#### [Instructions for the task]
Check every line of the material below, and show those that contain "files".
★ ★ ★ ★
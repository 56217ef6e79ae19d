-- ===== src/Cfs/Reach.antt =====
-- Sequences of `cfs_register_file` and `cfs_release_file` of cfs/src/cfs.c, as the callbacks
-- `bb_open` and `bb_release` of cfs/src/bbfs.c call them, against a map from the descriptors that
-- are open to their paths.
use fusefs_block.Base.{
  ℕ, ◌^◌, ◌≤◌, ◌<◌, ◌≡◌, ◌≢◌, refl, sym, ap, ◌∙◌, Option, none, some, arith, set, List, [], ◌∷◌, ℤ,
  pos, ◌==◌, ==_iff, if◌then◌else◌, Bool-cases, inl, inr, true, false, CString,
}
use mathlib.Core.Path.{subst}
use fusefs_block.Posix.{Posix}
use fusefs_block.Io.{minus_one}
use fusefs_block.Storage.{BlkStore}
use fusefs_block.Cfs.{CfsFile, CfsState, Garbage}
use fusefs_block.Cfs.Table.{
  find_slot, cfs_get_file, cfs_register_file, cfs_release_file, initial_state,
}
use fusefs_block.Cfs.Once.{occurs, find_slot-none, once-free, release-fds}
use fusefs_block.Cfs.Invariant.{entry_of, get_of, IsTable, initial-IsTable, get-grow}
use fusefs_block.Cfs.Entries.{absent_lem}
use fusefs_block.Cfs.Entering.{run-register}
use fusefs_block.Cfs.Release.{cfs_release_file_lem}

-- What happens to the table: a file is opened, or closed.
pub data Event : Type 0 where
  opened : ℕ → CString → Event
  closed : ℕ → Event

-- The map that the table stands for, by what happened, the latest first.
unfoldable pub open_path : List Event → ℕ → Option CString
open_path [] fd = none
open_path (opened other path ∷ events) fd = if other == fd then some path else open_path events fd
open_path (closed other ∷ events) fd = if other == fd then none else open_path events fd

abbrev pub path_of : Option CfsFile → Option CString
path_of none = none
path_of (some file) = some file.path

module _ (os : Posix) where
  -- The system gives no descriptor twice; an array has less than 2^63 entries.
  pub data Step : CfsState → Event → CfsState → Type 0 where
    register :
        {state after : CfsState} (garbage : Garbage) (fuel fd : ℕ) (path : CString) (r : ℤ)
        (s s' : os.State)
        → state.fds_cap < 2 ^ 63
        → cfs_get_file state (pos fd) ≡ none
        → cfs_register_file os fuel garbage state path (pos fd) s ≡ some ((r, after), s')
        → Step state (opened fd path) after
    release :
        {state after : CfsState} (fd : ℕ) (r : ℤ)
        → state.fds_cap < 2 ^ 63
        → cfs_release_file state (pos fd) ≡ (r, after)
        → Step state (closed fd) after

  pub data Reach (start : CfsState) : List Event → CfsState → Type 0 where
    here : Reach start [] start
    next :
        {events : List Event} {event : Event} {t u : CfsState}
        → Reach start events t
        → Step t event u
        → Reach start (event ∷ events) u

-- A table that stands for a map.
pub record Represents (state : CfsState) (paths : ℕ → Option CString) : Type 0 where
  pub table : IsTable state
  pub once : (fd : ℕ) → occurs fd state.fds ≤ 1
  pub lookup : (fd : ℕ) → path_of (cfs_get_file state (pos fd)) ≡ paths fd

initial-Represents :
    (garbage : Garbage) (max_fds : ℤ) (storage : BlkStore)
    → Represents (initial_state garbage max_fds storage) (open_path [])
unfolding initial_state open_path cfs_get_file occurs
initial-Represents garbage max_fds storage = record {
  table = initial-IsTable garbage max_fds storage;
  once = λ fd. omega arith;
  lookup = λ fd. refl;
}

-- The lookups after a change of one descriptor.
lookup_changed :
    (events : List Event) (event : Event) (fd : ℕ) (o : Option CString) (state after : CfsState)
    → ((other : ℕ)
        → open_path (event ∷ events) other ≡ (if fd == other then o else open_path events other))
    → ((other : ℕ) → path_of (cfs_get_file state (pos other)) ≡ open_path events other)
    → path_of (cfs_get_file after (pos fd)) ≡ o
    → ((other : ℕ) → other ≢ fd → cfs_get_file after (pos other) ≡ cfs_get_file state (pos other))
    → (other : ℕ) → path_of (cfs_get_file after (pos other)) ≡ open_path (event ∷ events) other
lookup_changed events event fd o state after map before changed others other =
    elim (Bool-cases (fd == other)) [
      | inl same ↦
          let e : fd ≡ other = (==_iff fd other).0 same in
          ap (λ k. path_of (cfs_get_file after (pos k))) (sym e)
          ∙ changed
          ∙ sym (map other ∙ ap (λ b. if b then o else open_path events other) same)
      | inr differ ↦
          ap path_of (others other (λ e. ne_true (sym differ ∙ (==_iff fd other).1 (sym e))))
          ∙ before other
          ∙ sym (map other ∙ ap (λ b. if b then o else open_path events other) differ)
    ]
  where
    ne_true : false ≢ true
    ne_true e = cc

-- Releasing what the table does not have changes nothing.
release_absent :
    (state : CfsState) (fd : ℤ)
    → find_slot fd state.fds 0 ≡ none
    → (cfs_release_file state fd).1 ≡ state
unfolding cfs_release_file
release_absent state fd e = rw (cfs_release_file, e) refl

release_found-Represents :
    (events : List Event) (state : CfsState) (fd i : ℕ) (f : CfsFile)
    → state.fds_cap < 2 ^ 63
    → Represents state (open_path events)
    → find_slot (pos fd) state.fds 0 ≡ some i
    → cfs_get_file state (pos fd) ≡ some f
    → Represents (cfs_release_file state (pos fd)).1 (open_path (closed fd ∷ events))
unfolding open_path
release_found-Represents events state fd i f fits before e g =
    let (held, fds) = release-fds state (pos fd) i e in
    let (gone, once) = once-free fd state.fds i held before.once in
    let (left, result, table, count, others) =
      cfs_release_file_lem state fd f before.table fits g in
    let same : left ≡ (cfs_release_file state (pos fd)).1 =
      sym (ap (λ (q : ℤ × CfsState). q.1) result) in
    let fds' : left.fds ≡ set state.fds i minus_one = ap (λ (t : CfsState). t.fds) same ∙ fds in
    subst (λ t. Represents t (open_path (closed fd ∷ events))) same
      (record {
        table = table;
        once = subst (λ fds. (other : ℕ) → occurs other fds ≤ 1) (sym fds') once;
        lookup =
            lookup_changed events (closed fd) fd none state left (λ other. refl) before.lookup
              (ap path_of (
                get_of left (pos fd)
                ∙ ap (entry_of left.files)
                    (find_slot-none fd 0 left.fds (ap (occurs fd) fds' ∙ gone))))
              others;
      })

release-Represents :
    (events : List Event) (state : CfsState) (fd : ℕ)
    → state.fds_cap < 2 ^ 63
    → Represents state (open_path events)
    → (o : Option ℕ) → find_slot (pos fd) state.fds 0 ≡ o
    → Represents (cfs_release_file state (pos fd)).1 (open_path (closed fd ∷ events))
unfolding open_path
release-Represents events state fd fits before none e =
    subst (λ t. Represents t (open_path (closed fd ∷ events)))
      (sym (release_absent state (pos fd) e))
      (record {
        table = before.table;
        once = before.once;
        lookup =
            lookup_changed events (closed fd) fd none state state (λ other. refl) before.lookup
              (ap path_of (get_of state (pos fd) ∙ ap (entry_of state.files) e)) (λ other ne. refl);
      })
release-Represents events state fd fits before (some i) e = found (cfs_get_file state (pos fd)) refl
  where
    found :
        (o : Option CfsFile)
        → cfs_get_file state (pos fd) ≡ o
        → Represents (cfs_release_file state (pos fd)).1 (open_path (closed fd ∷ events))
    found none g =
        let never : none ≡ some i = sym (absent_lem state before.table fd _ refl g) ∙ e in
        absurd (cc)
    found (some f) g = release_found-Represents events state fd i f fits before e g

Step-Represents :
    {os : Posix} {state after : CfsState} {event : Event} (events : List Event)
    → Step os state event after
    → Represents state (open_path events)
    → Represents after (open_path (event ∷ events))
unfolding open_path
Step-Represents {os} events (register {state} {after} garbage fuel fd path r s s' fits absent h)
      before =
    let (claimed, once) =
      run-register os garbage fuel state after path fd r s s' before.table before.once fits absent
        h in
    let (f, found, is) = claimed.entered in
    record {
      table = claimed.table;
      once = once;
      lookup =
          lookup_changed events (opened fd path) fd (some path) state after (λ other. refl)
            before.lookup (ap path_of found ∙ ap some is.path_same)
            (λ other ne. claimed.others other ne ∙ get-grow garbage state before.table other);
    }
Step-Represents events (release {state} {after} fd r fits h) before =
    subst (λ t. Represents t (open_path (closed fd ∷ events))) (ap (λ (q : ℤ × CfsState). q.1) h)
      (release-Represents events state fd fits before (find_slot (pos fd) state.fds 0) refl)

-- The table that is reached from the one that `cfs_init` sets up, by any sequence of
-- `cfs_register_file` and `cfs_release_file`, meets the invariant, and `cfs_get_file` finds under
-- each descriptor an entry with the path under which the descriptor was opened last, or nothing
-- if it has been closed since or was never opened. The system may be any, and its reads of a
-- header may fail. A descriptor is not given twice while it is open, and the capacity stays below
-- 2^63.
pub Reach-Represents :
    (os : Posix) (garbage : Garbage) (max_fds : ℤ) (storage : BlkStore) (events : List Event)
    (state : CfsState)
    → Reach os (initial_state garbage max_fds storage) events state
    → Represents state (open_path events)
Reach-Represents os garbage max_fds storage events state here =
    initial-Represents garbage max_fds storage
Reach-Represents os garbage max_fds storage events state (next {events = before} r step) =
    Step-Represents before step (Reach-Represents os garbage max_fds storage before _ r)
★ ★ ★ ★
#### [Output of the task]
                ∙ ap (entry_of left.files)
              (ap path_of (get_of state (pos fd) ∙ ap (entry_of state.files) e)) (λ other ne. refl);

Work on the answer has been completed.